* Instructions for the task *
Each line in the entries below that holds the string "else" is to be listed.

* Exercise input *

-- ===== src/Algo/Heap/Up.antt =====
-- sift_up and push_heap.
use mathlib.Core.List.Perm
use c_nad.Core.Span
use c_nad.Core.Cmp.{Cmp, Le, IsOrder, Le_of_lt0}
use c_nad.Core.Int.{lt0, ge0}
use c_nad.Prelude.Array.{get_or, exchange, length-exchange, get_or-exchange}
use c_nad.Prelude.{
  ℕ, zero, suc, ◌+◌, ◌-◌, ◌<◌, ◌≡◌, refl, ◌≢◌, inl, inr, true, List, arith, ltb, ◌==◌, lt→ltb,
  Bool-cases, length, Returns, Returns-map, Returns-if,
}
use c_nad.Algo.Heap.{parent, sift_up_loop, sift_up, push_heap}
use c_nad.Algo.Heap.Order.{IsHeap, IsBridged, Sifted, Sifted-exchange}

module _ {A : Type 0} (d : A) (cmp : Cmp A) (o : IsOrder cmp) where
  -- only the edge above `i` may be out of order
  pub record UpInv (s : List A) (i : ℕ) : Type 0 where
    pub inside : i < length s
    pub edges :
        (c : ℕ) → 0 < c → c < length s → c ≢ i → Le cmp (get_or s c d) (get_or s (parent c) d)
    pub bridged : IsBridged d cmp 0 s (length s) i

  module _ (s : List A) (i : ℕ) (v : UpInv s i) (pos : 0 < i)
      (above : lt0 (cmp (get_or s (parent i) d) (get_or s i d)) ≡ true) where
    UpInv-exchange : UpInv (exchange d s (parent i) i) (parent i)
    UpInv-exchange =
        let p = parent i in
        let hi = v.inside in
        let hp : p < length s = omega arith in
        let at = get_or-exchange d s p i hp hi in
        let size = length-exchange d s p i in
        let up = Le_of_lt0 o (get_or s p d) (get_or s i d) above in
        record {
          inside = omega arith;
          edges = λ c q r t. ground (
            arith,
            at c,
            at (parent c),
            v.edges c,
            v.bridged c,
            size,
            up,
            o.trans (get_or s c d) (get_or s p d) (get_or s i d),
          );
          bridged = λ c q r t u w. ground (
            arith,
            at c,
            at (parent p),
            v.edges c,
            v.edges p,
            size,
            o.trans (get_or s c d) (get_or s p d) (get_or s (parent p) d),
          );
        }

  sift_up_loop-Sifted :
      (fuel : ℕ) (s : List A) (i : ℕ)
      → i < fuel
      → UpInv s i
      → Returns (Sifted d cmp 0 s (length s)) (sift_up_loop fuel s i cmp)
  unfolding sift_up_loop
  sift_up_loop-Sifted zero s i f v = absurd (omega arith)
  sift_up_loop-Sifted (suc fuel) s i f v =
      let p = parent i in
      let hi = v.inside in
      let hp : p < length s = omega arith in
      rw (Span.get-done d s p hp, Span.get-done d s i hi, Span.swap_elems-done d s p i hp hi)
        (Returns-if (ltb 0 i)
          (λ pos.
            Returns-if (ge0 (cmp (get_or s p d) (get_or s i d)))
              (λ settled. (
                s,
                refl,
                record {
                  heap = λ c q r t. elim (Bool-cases (c == i)) [
                    | inl e ↦ ground (arith, o.flip (get_or s p d) (get_or s i d))
                    | inr e ↦ v.edges c q r (ground arith)
                  ];
                  same = Perm.rfl;
                  behind = λ c q. refl;
                },
              ))
              (λ rises.
                let w = UpInv-exchange s i v (ground arith) (ground arith) in
                let size = length-exchange d s p i in
                Returns-map _ (sift_up_loop-Sifted fuel (exchange d s p i) p (ground arith) w)
                  λ t u. Sifted-exchange d cmp 0 (length s) p i s t hp hi hp hi (rw size at u)))
          (λ root. (
            s,
            refl,
            record {
              heap = λ c q r t. v.edges c q r (ground arith);
              same = Perm.rfl;
              behind = λ c q. refl;
            },
          )))

  -- push_heap makes a heap of a span whose elems but the last are one, and only rearranges it.
  pub push_heap-Sifted :
      (s : List A)
      → 0 < length s
      → IsHeap d cmp s (length s - 1)
      → Returns (Sifted d cmp 0 s (length s)) (push_heap s cmp)
  unfolding push_heap sift_up
  push_heap-Sifted s pos h = rw (lt→ltb 0 (length s) pos) (
      sift_up_loop-Sifted (length s - 1 + 1) s (length s - 1) (omega arith) (record {
        inside = omega arith;
        edges = λ c q r t. h c q (omega arith) (omega arith);
        bridged = λ c q r t u w. absurd (omega arith);
      }))
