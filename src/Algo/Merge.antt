-- ===== src/Algo/Merge.antt =====
-- src/algo/merge.c: tda_span_merge, with the writes of src/internal/emit.h. A function that writes to
-- its span returns the span. Fuel bounds the rounds of the loop.
pub mod Order
use c_nad.Core.Span
use c_nad.Core.Cmp.{Cmp}
use c_nad.Core.Int.{le0}
use c_nad.Prelude.{
  ℕ, zero, suc, ◌+◌, ◌-◌, ◌&&◌, List, ◌++◌, ltb, leb, ◌==◌, if◌then◌else◌, length, take, drop, Exec,
  done, spent, ◌>>=◌, ◌>>◌, check,
}

module _ {A : Type 0} where
  -- tda_emit_rest: the next write position and the span
  pub emit_rest : List A → ℕ → List A → ℕ → Exec (ℕ × List A)
  emit_rest dst out src from =
      let n = length src - from in
      let copied : Exec (ℕ × List A) = do
        check (ltb out (length dst))
        check (leb (out + n) (length dst))
        done (out + n, take out dst ++ (drop from src ++ drop (out + n) dst))
      in if leb (length src) from then done (out, dst) else copied

  -- the loop of tda_span_merge, and what follows it
  merge_from : ℕ → List A → ℕ → List A → ℕ → List A → ℕ → Cmp A → Exec (List A)
  unfolding emit_rest
  merge_from zero dst out a i b j cmp = spent
  merge_from (suc fuel) dst out a i b j cmp =
      let rest : Exec (List A) = do
        (out₁, dst₁) ← emit_rest dst out a i
        (out₂, dst₂) ← emit_rest dst₁ out₁ b j
        check (out₂ == length dst₂)
        done dst₂
      in let round : Exec (List A) = do
        l ← Span.get a i
        r ← Span.get b j
        let from_a = Span.set dst out l >>= λ t. merge_from fuel t (out + 1) a (i + 1) b j cmp
        let from_b = Span.set dst out r >>= λ t. merge_from fuel t (out + 1) a i b (j + 1) cmp
        if le0 (cmp l r) then from_a else from_b
        in if ltb i (length a) && ltb j (length b) then round else rest

  -- tda_span_merge
  pub merge : List A → List A → List A → Cmp A → Exec (List A)
  unfolding merge_from
  merge dst a b cmp = do
    check (length dst == length a + length b)
    merge_from (length a + length b + 1) dst 0 a 0 b 0 cmp
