-- ===== src/Config/Sizes.antt =====
-- The powers of two that src/cfg.rs rounds the sizes to.
use native.Mathlib.Nat.{pow-suc, mod-eq_of_lt, sub-zero}
use sharded_slab.Base.{
  ℕ, suc, ◌-◌, ◌*◌, ◌^◌, ◌≤◌, ◌<◌, ◌≡◌, ◌≢◌, ap, subst, ◌⊎◌, inl, inr, false, ◌==◌, Bool-cases,
  ==→eq, arith,
}
use native.Mathlib.Decide.{dec_lt}
use sharded_slab.Word.Fields.{two_pow-pos}
use sharded_slab.Word.Powers.{shl, two_pow_mono}
use sharded_slab.Word.Counts.{
  bit_length, leading_zeros, count_ones, bit_length-le, bit_length_upper, bit_length_lower,
  count_ones_one, count_ones-two_pow, bit_length_zero,
}
use sharded_slab.Config.{next_pow2}

-- An exponent of `next_pow2`: the least power of two that is not below `n`.
pub record Rounded (w n : ℕ) : Type 0 where
  pub exponent : ℕ
  pub in_word : exponent < w
  pub value : next_pow2 w n ≡ 2 ^ exponent
  pub covers : n ≤ 2 ^ exponent
  pub least : (n ≡ 0) ⊎ (2 ^ exponent < 2 * n)

pub two_pow_lt_cancel : (a b : ℕ) → 2 ^ a < 2 ^ b → a < b
two_pow_lt_cancel a b h = elim (dec_lt a b) [
  | yes less ↦ less
  | no more ↦ absurd (omega (arith, two_pow_mono {a = b} {b = a} (omega arith)))
]

two_pow_pred : (w : ℕ) → 1 ≤ w → 2 * 2 ^ (w - 1) ≡ 2 ^ w
two_pow_pred w h =
    let e : w ≡ suc (w - 1) = omega arith in
    omega (arith, pow-suc 2 (w - 1), ap (λ (t : ℕ). 2 ^ t) e)

shl_one : (w e : ℕ) → e < w → shl w 1 e ≡ 2 ^ e
shl_one w e h =
    let p : 1 * 2 ^ e ≡ 2 ^ e = omega arith in
    rw p
      (mod-eq_of_lt (omega (arith, pow-suc 2 e, two_pow-pos e, two_pow_mono {a = suc e} {b = w} h)))

module _ (w n : ℕ) (some_width : 1 ≤ w) (fits : n ≤ 2 ^ (w - 1)) where
  abbrev length : ℕ
  length = bit_length w n

  below : n < 2 ^ w
  below = omega (arith, two_pow_pred w some_width, two_pow-pos (w - 1))

  shift_back : (p : ℕ) → w - leading_zeros w n - p ≡ length - p
  unfolding leading_zeros
  shift_back p = omega (arith, bit_length-le w n)

  -- The power below the length is `n` exactly when one digit is set.
  half : 2 ^ length ≡ 2 * n → (1 ≤ length) × (2 ^ (length - 1) ≡ n)
  half double = (some_length, omega (arith, two_pow_pred length some_length, double))
    where
      some_length : 1 ≤ length
      some_length = elim (dec_lt 0 length) [
        | yes some ↦ some
        | no none ↦
            let e : length ≡ 0 = omega arith in
            absurd (omega (arith, double, ap (λ (t : ℕ). 2 ^ t) e))
      ]

  rounded_power : count_ones w n ≡ 1 → Rounded w n
  unfolding next_pow2
  rounded_power one =
      let (some_length, power) = half (count_ones_one w n below one) in
      let short : length - 1 < w = omega (arith, bit_length-le w n) in
      record {
        exponent = length - 1;
        in_word = short;
        value = rw (one, shift_back 1) (shl_one w (length - 1) short);
        covers = omega (arith, power);
        least = inr (omega (arith, power, two_pow-pos (length - 1)));
      }

  not_double : (count_ones w n == 1) ≡ false → 2 ^ length ≢ 2 * n
  not_double other double =
      let (some_length, power) = half double in
      let short : length - 1 < w = omega (arith, bit_length-le w n) in
      let one : count_ones w n ≡ 1 =
        subst (λ x. count_ones w x ≡ 1) power (count_ones-two_pow w (length - 1) short) in
      ground (arith, one)

  least_other : (count_ones w n == 1) ≡ false → (n ≡ 0) ⊎ (2 ^ length < 2 * n)
  least_other other = elim (dec_lt 0 n) [
    | yes some ↦ inr (omega (arith, not_double other, bit_length_lower w n below some))
    | no none ↦ inl (omega arith)
  ]

  length-lt : (count_ones w n == 1) ≡ false → length < w
  length-lt other = elim (least_other other) [
    | inl e ↦ rw e (omega (arith, bit_length_zero w))
    | inr less ↦ two_pow_lt_cancel length w (omega (arith, two_pow_pred w some_width))
  ]

  rounded_other : (count_ones w n == 1) ≡ false → Rounded w n
  unfolding next_pow2
  rounded_other other = record {
    exponent = length;
    in_word = length-lt other;
    value = rw (other, shift_back 0, sub-zero) (shl_one w length (length-lt other));
    covers = omega (arith, bit_length_upper w n below);
    least = least_other other;
  }

  -- `next_pow2` rounds up to a power of two, and no further than needed.
  pub next_pow2_rounds : Rounded w n
  next_pow2_rounds = elim (Bool-cases (count_ones w n == 1)) [
    | inl one ↦ rounded_power (==→eq _ _ one)
    | inr other ↦ rounded_other other
  ]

* Written response *
  ℕ, zero, suc, ◌+◌, ◌-◌, ◌&&◌, List, ◌++◌, ltb, leb, ◌==◌, if◌then◌else◌, length, take, drop, Exec,
      in if leb (length src) from then done (out, dst) else copied
        if le0 (cmp l r) then from_a else from_b
        in if ltb i (length a) && ltb j (length b) then round else rest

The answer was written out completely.